▶ **ABOUT THIS EXERCISE**: The lines needed are those from the start of the records through the line holding "client_timeout = 60 * 60 * 24 * 365", each copied exactly.

*** Opening of INPUT DATA ***

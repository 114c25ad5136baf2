-- ===== src/Client.antt =====
-- `DnsClient` of src/dns/client.rs. The connections and the two kinds of client are hickory's: a
-- parameter. A stream of responses is the list of its items.
pub mod Laws
pub mod Sending
use nu_plugin_dns.Prelude.{
  ℕ, ◌*◌, String, ◌<>◌, Bool, true, false, List, [], ◌∷◌, ◌++◌, Option, none, some,
}
use nu_plugin_dns.Prelude.{str_eq, if◌then◌else◌, ok, err, panic, map_err, ◌>>=◌}
use nu_plugin_dns.Prelude.Outcome.{Res}
use nu_plugin_dns.Nu.{Span, Spanned, LabeledError, labeled}
use nu_plugin_dns.Constants.{Protocol}
use nu_plugin_dns.Hickory.{Hickory}
use nu_plugin_dns.Config.{Config, DnssecMode, SocketAddr}

-- A `ProtoErrorKind`, as far as the code tells them apart.
pub data ErrorKind : Type 0 where
  rrsigs_not_present : ErrorKind
  message : String → ErrorKind
  other : String → ErrorKind

-- An item of a stream of type `Result<DnsResponse, ProtoError>`.
pub data Item (R : Type 0) : Type 0 where
  response : R → Item R
  failure : ErrorKind → Item R

-- What a connection is made of: the address, the timeout in seconds, the certificate's name.
pub data Endpoint : Type 0 where
  udp tcp : SocketAddr → ℕ → Endpoint
  tls : SocketAddr → String → ℕ → Endpoint
  https quic : SocketAddr → String → Endpoint

-- hickory's clients, each with the task that drives it; connection errors as printed.
pub record Network : Type 1 where
  pub AsyncClient : Type 0
  pub AsyncDnssecClient : Type 0
  pub Background : Type 0
  pub Request : Type 0
  pub Response : Type 0
  pub connect_async : Endpoint → Res String (AsyncClient × Background)
  pub connect_dnssec : Endpoint → Res String (AsyncDnssecClient × Background)
  pub send_async : AsyncClient → Request → List (Item Response)
  pub send_dnssec : AsyncDnssecClient → Request → List (Item Response)
  pub show_protocol : Protocol → String

pub record DnsClient (W : Network) : Type 0 where
  pub async_client : Option W.AsyncClient
  pub dnssec_client : Option W.AsyncDnssecClient

unfoldable pub is_strict : DnssecMode → Bool
is_strict DnssecMode.strict = true
is_strict _ = false

unfoldable pub is_none : DnssecMode → Bool
is_none DnssecMode.none = true
is_none _ = false

-- A year, in seconds.
abbrev pub client_timeout : ℕ
client_timeout = 60 * 60 * 24 * 365

-- `config.dns_name.as_ref().unwrap()`
unfoldable pub unwrap_name : Option (Spanned String) → Res LabeledError String
unwrap_name none = panic "called `Option::unwrap()` on a `None` value"
unwrap_name (some name) = ok name.item

abbrev connect_err : String → LabeledError
connect_err e = labeled "connection error" ("Error creating client connection: " <> e) Span.unknown

module _ (W : Network) where
  open W use {AsyncClient, AsyncDnssecClient, Background, Request, Response}

  abbrev pub Clients : Type 0
  Clients = Option AsyncClient × Option AsyncDnssecClient × List Background

  -- The two halves of the macro `make_clients`. The connection's expression is evaluated in each.
  unfoldable pub make_async :
      DnssecMode
      → Res LabeledError Endpoint
      → Res LabeledError (Option AsyncClient × List Background)
  unfolding is_strict
  make_async mode conn =
      if is_strict mode
      then ok (none, [])
      else (conn >>= λ e.
          map_err connect_err (W.connect_async e) >>= λ (c, bg). ok (some c, bg ∷ []))

  unfoldable pub make_dnssec :
      DnssecMode
      → Res LabeledError Endpoint
      → Res LabeledError (Option AsyncDnssecClient × List Background)
  unfolding is_none
  make_dnssec mode conn =
      if is_none mode
      then ok (none, [])
      else (conn >>= λ e.
          map_err connect_err (W.connect_dnssec e) >>= λ (c, bg). ok (some c, bg ∷ []))

  unfoldable pub make_clients :
      DnssecMode → Res LabeledError Endpoint → Res LabeledError (DnsClient W × List Background)
  unfolding make_async make_dnssec
  make_clients mode conn = do
    (async_client, spawned) ← make_async mode conn
    (dnssec_client, more) ← make_dnssec mode conn
    ok (record { async_client = async_client; dnssec_client = dnssec_client }, spawned ++ more)

  -- The match of `DnsClient::new` on the protocol.
  unfoldable pub connect_by :
      Protocol
      → DnssecMode
      → SocketAddr
      → Option (Spanned String)
      → Span
      → Res LabeledError (DnsClient W × List Background)
  connect_by Protocol.udp mode addr name span =
      make_clients mode (ok (Endpoint.udp addr client_timeout))
  connect_by Protocol.tcp mode addr name span =
      make_clients mode (ok (Endpoint.tcp addr client_timeout))
  connect_by Protocol.tls mode addr name span =
      make_clients mode (unwrap_name name >>= λ n. ok (Endpoint.tls addr n client_timeout))
  connect_by Protocol.https mode addr name span =
      make_clients mode (unwrap_name name >>= λ n. ok (Endpoint.https addr n))
  connect_by Protocol.quic mode addr name span =
      make_clients mode (unwrap_name name >>= λ n. ok (Endpoint.quic addr n))
  connect_by Protocol.other mode addr name span =
      err (labeled "unknown protocol" ("Unknown protocol: " <> W.show_protocol Protocol.other) span)

  -- `DnsClient::new`: the client, and the tasks of its join set.
  unfoldable pub new : {H : Hickory} → Config H → Res LabeledError (DnsClient W × List Background)
  unfolding connect_by
  new config =
      connect_by config.protocol.item config.dnssec_mode.item config.server.item config.dns_name
        config.protocol.span

  -- The errors that say that a record is not signed.
  unfoldable pub is_unsigned : Item Response → Bool
  is_unsigned (response _) = false
  is_unsigned (failure rrsigs_not_present) = true
  is_unsigned (failure (message text)) = str_eq text "no results to verify"
  is_unsigned (failure (other _)) = false

  -- `filter(|resp| !is_unsigned(resp)).take(1)`
  unfoldable pub first_signed : List (Item Response) → List (Item Response)
  first_signed [] = []
  first_signed (item ∷ items) = if is_unsigned item then first_signed items else item ∷ []

  -- The match of `DnsHandle::send`.
  unfoldable pub send_by :
      Option AsyncClient
      → Option AsyncDnssecClient
      → Request
      → Res LabeledError (List (Item Response))
  send_by none none request = panic "internal error: entered unreachable code"
  send_by (some async_client) none request = ok (W.send_async async_client request)
  send_by none (some dnssec_client) request = ok (W.send_dnssec dnssec_client request)
  send_by (some async_client) (some dnssec_client) request =
      ok (first_signed (W.send_dnssec dnssec_client request ++ W.send_async async_client request))

  unfoldable pub send : DnsClient W → Request → Res LabeledError (List (Item Response))
  unfolding send_by
  send client request = send_by client.async_client client.dnssec_client request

*** Close of INPUT DATA ***

▶ **RESULT FOR THIS TASK**:
repository 114c25ad5136baf2
-- ===== src/Client.antt =====
-- `DnsClient` of src/dns/client.rs. The connections and the two kinds of client are hickory's: a
-- parameter. A stream of responses is the list of its items.
pub mod Laws
pub mod Sending
use nu_plugin_dns.Prelude.{
  ℕ, ◌*◌, String, ◌<>◌, Bool, true, false, List, [], ◌∷◌, ◌++◌, Option, none, some,
}
use nu_plugin_dns.Prelude.{str_eq, if◌then◌else◌, ok, err, panic, map_err, ◌>>=◌}
use nu_plugin_dns.Prelude.Outcome.{Res}
use nu_plugin_dns.Nu.{Span, Spanned, LabeledError, labeled}
use nu_plugin_dns.Constants.{Protocol}
use nu_plugin_dns.Hickory.{Hickory}
use nu_plugin_dns.Config.{Config, DnssecMode, SocketAddr}

-- A `ProtoErrorKind`, as far as the code tells them apart.
pub data ErrorKind : Type 0 where
  rrsigs_not_present : ErrorKind
  message : String → ErrorKind
  other : String → ErrorKind

-- An item of a stream of type `Result<DnsResponse, ProtoError>`.
pub data Item (R : Type 0) : Type 0 where
  response : R → Item R
  failure : ErrorKind → Item R

-- What a connection is made of: the address, the timeout in seconds, the certificate's name.
pub data Endpoint : Type 0 where
  udp tcp : SocketAddr → ℕ → Endpoint
  tls : SocketAddr → String → ℕ → Endpoint
  https quic : SocketAddr → String → Endpoint

-- hickory's clients, each with the task that drives it; connection errors as printed.
pub record Network : Type 1 where
  pub AsyncClient : Type 0
  pub AsyncDnssecClient : Type 0
  pub Background : Type 0
  pub Request : Type 0
  pub Response : Type 0
  pub connect_async : Endpoint → Res String (AsyncClient × Background)
  pub connect_dnssec : Endpoint → Res String (AsyncDnssecClient × Background)
  pub send_async : AsyncClient → Request → List (Item Response)
  pub send_dnssec : AsyncDnssecClient → Request → List (Item Response)
  pub show_protocol : Protocol → String

pub record DnsClient (W : Network) : Type 0 where
  pub async_client : Option W.AsyncClient
  pub dnssec_client : Option W.AsyncDnssecClient

unfoldable pub is_strict : DnssecMode → Bool
is_strict DnssecMode.strict = true
is_strict _ = false

unfoldable pub is_none : DnssecMode → Bool
is_none DnssecMode.none = true
is_none _ = false

-- A year, in seconds.
abbrev pub client_timeout : ℕ
client_timeout = 60 * 60 * 24 * 365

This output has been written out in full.